Communications Biology (Aug 2024)
Building a learnable universal coordinate system for single-cell atlas with a joint-VAE model
Abstract
Abstract A universal coordinate system that can ensemble the huge number of cells and capture their heterogeneities is of vital importance for constructing large-scale cell atlases as references for molecular and cellular studies. Studies have shown that cells exhibit multifaceted heterogeneities in their transcriptomic features at multiple resolutions. This nature of complexity makes it hard to design a fixed coordinate system through a combination of known features. It is desirable to build a learnable universal coordinate model that can capture major heterogeneities and serve as a controlled generative model for data augmentation. We developed UniCoord, a specially-tuned joint-VAE model to represent single-cell transcriptomic data in a lower-dimensional latent space with high interpretability.
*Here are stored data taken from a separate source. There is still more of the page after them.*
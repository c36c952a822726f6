-- ===== src/Portfolio/Records.antt =====
-- shared/gateway-dto.ts: the records of a portfolio. Numbers that the checks require to be safe
-- integers are integers; a field that is absent is `none`.
use csboard_extension.Prelude.{Bool, Option, List}
use csboard_extension.Prelude.Int.{ℤ}
use csboard_extension.Prelude.Text.{Text}
use csboard_extension.Gateway.Payload.{Number}

pub record Sticker : Type 0 where
  pub slot : ℤ
  pub name : Text
  pub wear : Option Number

pub record Item : Type 0 where
  pub app_id : Text
  pub context_id : Text
  pub asset_id : Text
  pub class_id : Text
  pub instance_id : Text
  pub amount : Text
  pub market_hash_name : Text
  pub name : Option Text
  pub icon_url : Option Text
  pub tradable : Bool
  pub marketable : Bool
  pub on_hold : Bool
  pub tradable_after : Option ℤ
  pub float_value : Option Number
  pub paint_seed : Option ℤ
  pub paint_index : Option ℤ
  pub def_index : Option ℤ
  pub stickers : Option (List Sticker)

pub record TradeItem : Type 0 where
  pub app_id : Text
  pub context_id : Text
  pub asset_id : Text
  pub class_id : Text
  pub instance_id : Text
  pub amount : Text
  pub market_hash_name : Option Text
  pub icon_url : Option Text

pub record Trade : Type 0 where
  pub trade_id : Text
  pub partner_steam_id : Text
  pub occurred_at : ℤ
  pub items_given : List TradeItem
  pub items_received : List TradeItem

pub data Direction : Type 0 where
  sent received : Direction

pub data MarketplaceHint : Type 0 where
  buff163 csfloat : MarketplaceHint

pub record Offer : Type 0 where
  pub offer_id : Text
  pub direction : Direction
  pub partner_account_id : Text
  pub state : ℤ
  pub created_at : ℤ
  pub completed_trade_id : Option Text
  pub marketplace_hint : Option MarketplaceHint
  pub expires_at : Option ℤ
  pub escrow_end_at : Option ℤ
  pub items_to_give : List TradeItem
  pub items_to_receive : List TradeItem

pub record Sources : Type 0 where
  pub inventory : Bool
  pub trade_history : Bool
  pub trade_offers : Bool

pub record Completeness : Type 0 where
  pub inventory_context_2 : Bool
  pub inventory_context_16 : Bool
  pub trades : Bool
  pub offers : Bool

pub record Snapshot : Type 0 where
  pub kind : Text
  pub sync_run_id : Text
  pub steam_id : Text
  pub captured_at : ℤ
  pub sources : Option Sources
  pub completeness : Completeness
  pub inventory_items : List Item
  pub trades : List Trade
  pub offers : List Offer

pub record Chunk : Type 0 where
  pub kind : Text
  pub sync_run_id : Text
  pub steam_id : Text
  pub captured_at : ℤ
  pub chunk_index : ℤ
  pub chunk_count : ℤ
  pub sources : Option Sources
  pub completeness : Completeness
  pub inventory_items : List Item
  pub trades : List Trade
  pub offers : List Offer
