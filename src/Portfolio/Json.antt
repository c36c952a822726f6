-- ===== src/Portfolio/Json.antt =====
-- shared/gateway-dto.ts: the records of a portfolio as the values that are scanned and encoded.
use Prim.Native.String.{String}
use csboard_extension.Prelude.{Bool, Option, none, some, List, [], ◌∷◌}
use csboard_extension.Prelude.Text.{Text, codes}
use csboard_extension.Gateway.Payload.{
  Js, bool, num, arr, obj, Items, nil, cons, Fields, end, field, Number,
}
use csboard_extension.Gateway.Message.{optional_text, optional_int, text_field, int_field}
use csboard_extension.Portfolio.Records.{
  Sticker, Item, TradeItem, Trade, Direction, sent, received, MarketplaceHint, buff163, csfloat,
  Offer, Sources, Completeness, Snapshot, Chunk,
}

abbrev optional_number : String → Option Number → Fields → Fields
optional_number key none rest = rest
optional_number key (some n) rest = field (codes key) (num n) rest

abbrev bool_field : String → Bool → Fields → Fields
bool_field key b rest = field (codes key) (bool b) rest

unfoldable pub items_of {ℓ} : {A : Type ℓ} → (A → Js) → List A → Items
items_of f [] = nil
items_of f (x ∷ xs) = cons (f x) (items_of f xs)

abbrev list_field {ℓ} : {A : Type ℓ} → String → (A → Js) → List A → Fields → Fields
list_field key f xs rest = field (codes key) (arr (items_of f xs)) rest

unfoldable pub sticker_js : Sticker → Js
sticker_js s =
    obj (int_field "slot" s.slot (text_field "name" s.name (optional_number "wear" s.wear end)))

abbrev stickers_field : Option (List Sticker) → Fields → Fields
stickers_field none rest = rest
stickers_field (some l) rest = list_field "stickers" sticker_js l rest

unfoldable pub item_js : Item → Js
item_js i = obj (
    text_field "appId" i.app_id (
      text_field "contextId" i.context_id (
        text_field "assetId" i.asset_id (
          text_field "classId" i.class_id (
            text_field "instanceId" i.instance_id (
              text_field "amount" i.amount (
                text_field "marketHashName" i.market_hash_name (
                  optional_text "name" i.name (
                    optional_text "iconUrl" i.icon_url (
                      bool_field "tradable" i.tradable (
                        bool_field "marketable" i.marketable (
                          bool_field "onHold" i.on_hold (
                            optional_int "tradableAfter" i.tradable_after (
                              optional_number "floatValue" i.float_value (
                                optional_int "paintSeed" i.paint_seed (
                                  optional_int "paintIndex" i.paint_index (
                                    optional_int "defIndex" i.def_index
                                      (stickers_field i.stickers end))))))))))))))))))

unfoldable pub trade_item_js : TradeItem → Js
trade_item_js i = obj (
    text_field "appId" i.app_id (
      text_field "contextId" i.context_id (
        text_field "assetId" i.asset_id (
          text_field "classId" i.class_id (
            text_field "instanceId" i.instance_id (
              text_field "amount" i.amount (
                optional_text "marketHashName" i.market_hash_name
                  (optional_text "iconUrl" i.icon_url end))))))))

unfoldable pub trade_js : Trade → Js
trade_js t = obj (
    text_field "tradeId" t.trade_id (
      text_field "partnerSteamId" t.partner_steam_id (
        int_field "occurredAt" t.occurred_at (
          list_field "itemsGiven" trade_item_js t.items_given
            (list_field "itemsReceived" trade_item_js t.items_received end)))))

abbrev pub direction_text : Direction → Text
direction_text sent = codes "sent"
direction_text received = codes "received"

abbrev hint_text : Option MarketplaceHint → Option Text
hint_text none = none
hint_text (some buff163) = some (codes "buff163")
hint_text (some csfloat) = some (codes "csfloat")

unfoldable pub offer_js : Offer → Js
offer_js o = obj (
    text_field "offerId" o.offer_id (
      text_field "direction" (direction_text o.direction) (
        text_field "partnerAccountId" o.partner_account_id (
          int_field "state" o.state (
            int_field "createdAt" o.created_at (
              optional_text "completedTradeId" o.completed_trade_id (
                optional_text "marketplaceHint" (hint_text o.marketplace_hint) (
                  optional_int "expiresAt" o.expires_at (
                    optional_int "escrowEndAt" o.escrow_end_at (
                      list_field "itemsToGive" trade_item_js o.items_to_give
                        (list_field "itemsToReceive" trade_item_js o.items_to_receive end)))))))))))

abbrev sources_field : Option Sources → Fields → Fields
sources_field none rest = rest
sources_field (some s) rest =
    field (codes "sources")
      (obj (
        bool_field "inventory" s.inventory (
          bool_field "tradeHistory" s.trade_history (bool_field "tradeOffers" s.trade_offers end))))
      rest

unfoldable pub completeness_js : Completeness → Js
completeness_js c = obj (
    bool_field "inventoryContext2" c.inventory_context_2 (
      bool_field "inventoryContext16" c.inventory_context_16
        (bool_field "trades" c.trades (bool_field "offers" c.offers end))))

unfoldable pub snapshot_js : Snapshot → Js
snapshot_js s = obj (
    text_field "kind" s.kind (
      text_field "syncRunId" s.sync_run_id (
        text_field "steamId" s.steam_id (
          int_field "capturedAt" s.captured_at (
            sources_field s.sources (
              field (codes "completeness") (completeness_js s.completeness) (
                list_field "inventoryItems" item_js s.inventory_items (
                  list_field "trades" trade_js s.trades
                    (list_field "offers" offer_js s.offers end)))))))))

unfoldable pub chunk_js : Chunk → Js
chunk_js c = obj (
    text_field "kind" c.kind (
      text_field "syncRunId" c.sync_run_id (
        text_field "steamId" c.steam_id (
          int_field "capturedAt" c.captured_at (
            int_field "chunkIndex" c.chunk_index (
              int_field "chunkCount" c.chunk_count (
                sources_field c.sources (
                  field (codes "completeness") (completeness_js c.completeness) (
                    list_field "inventoryItems" item_js c.inventory_items (
                      list_field "trades" trade_js c.trades
                        (list_field "offers" offer_js c.offers end)))))))))))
Each latent dimension can represent either discrete or continuous feature, and either supervised by prior knowledge or unsupervised. The latent dimensions can be easily reconfigured to generate pseudo transcriptomic profiles with desired properties. UniCoord can also be used as a pre-trained model to analyze new data with unseen cell types and thus can serve as a feasible framework for cell annotation and comparison. UniCoord provides a prototype for a learnable universal coordinate framework to enable better analysis and generation of cells with highly orchestrated functions and heterogeneities.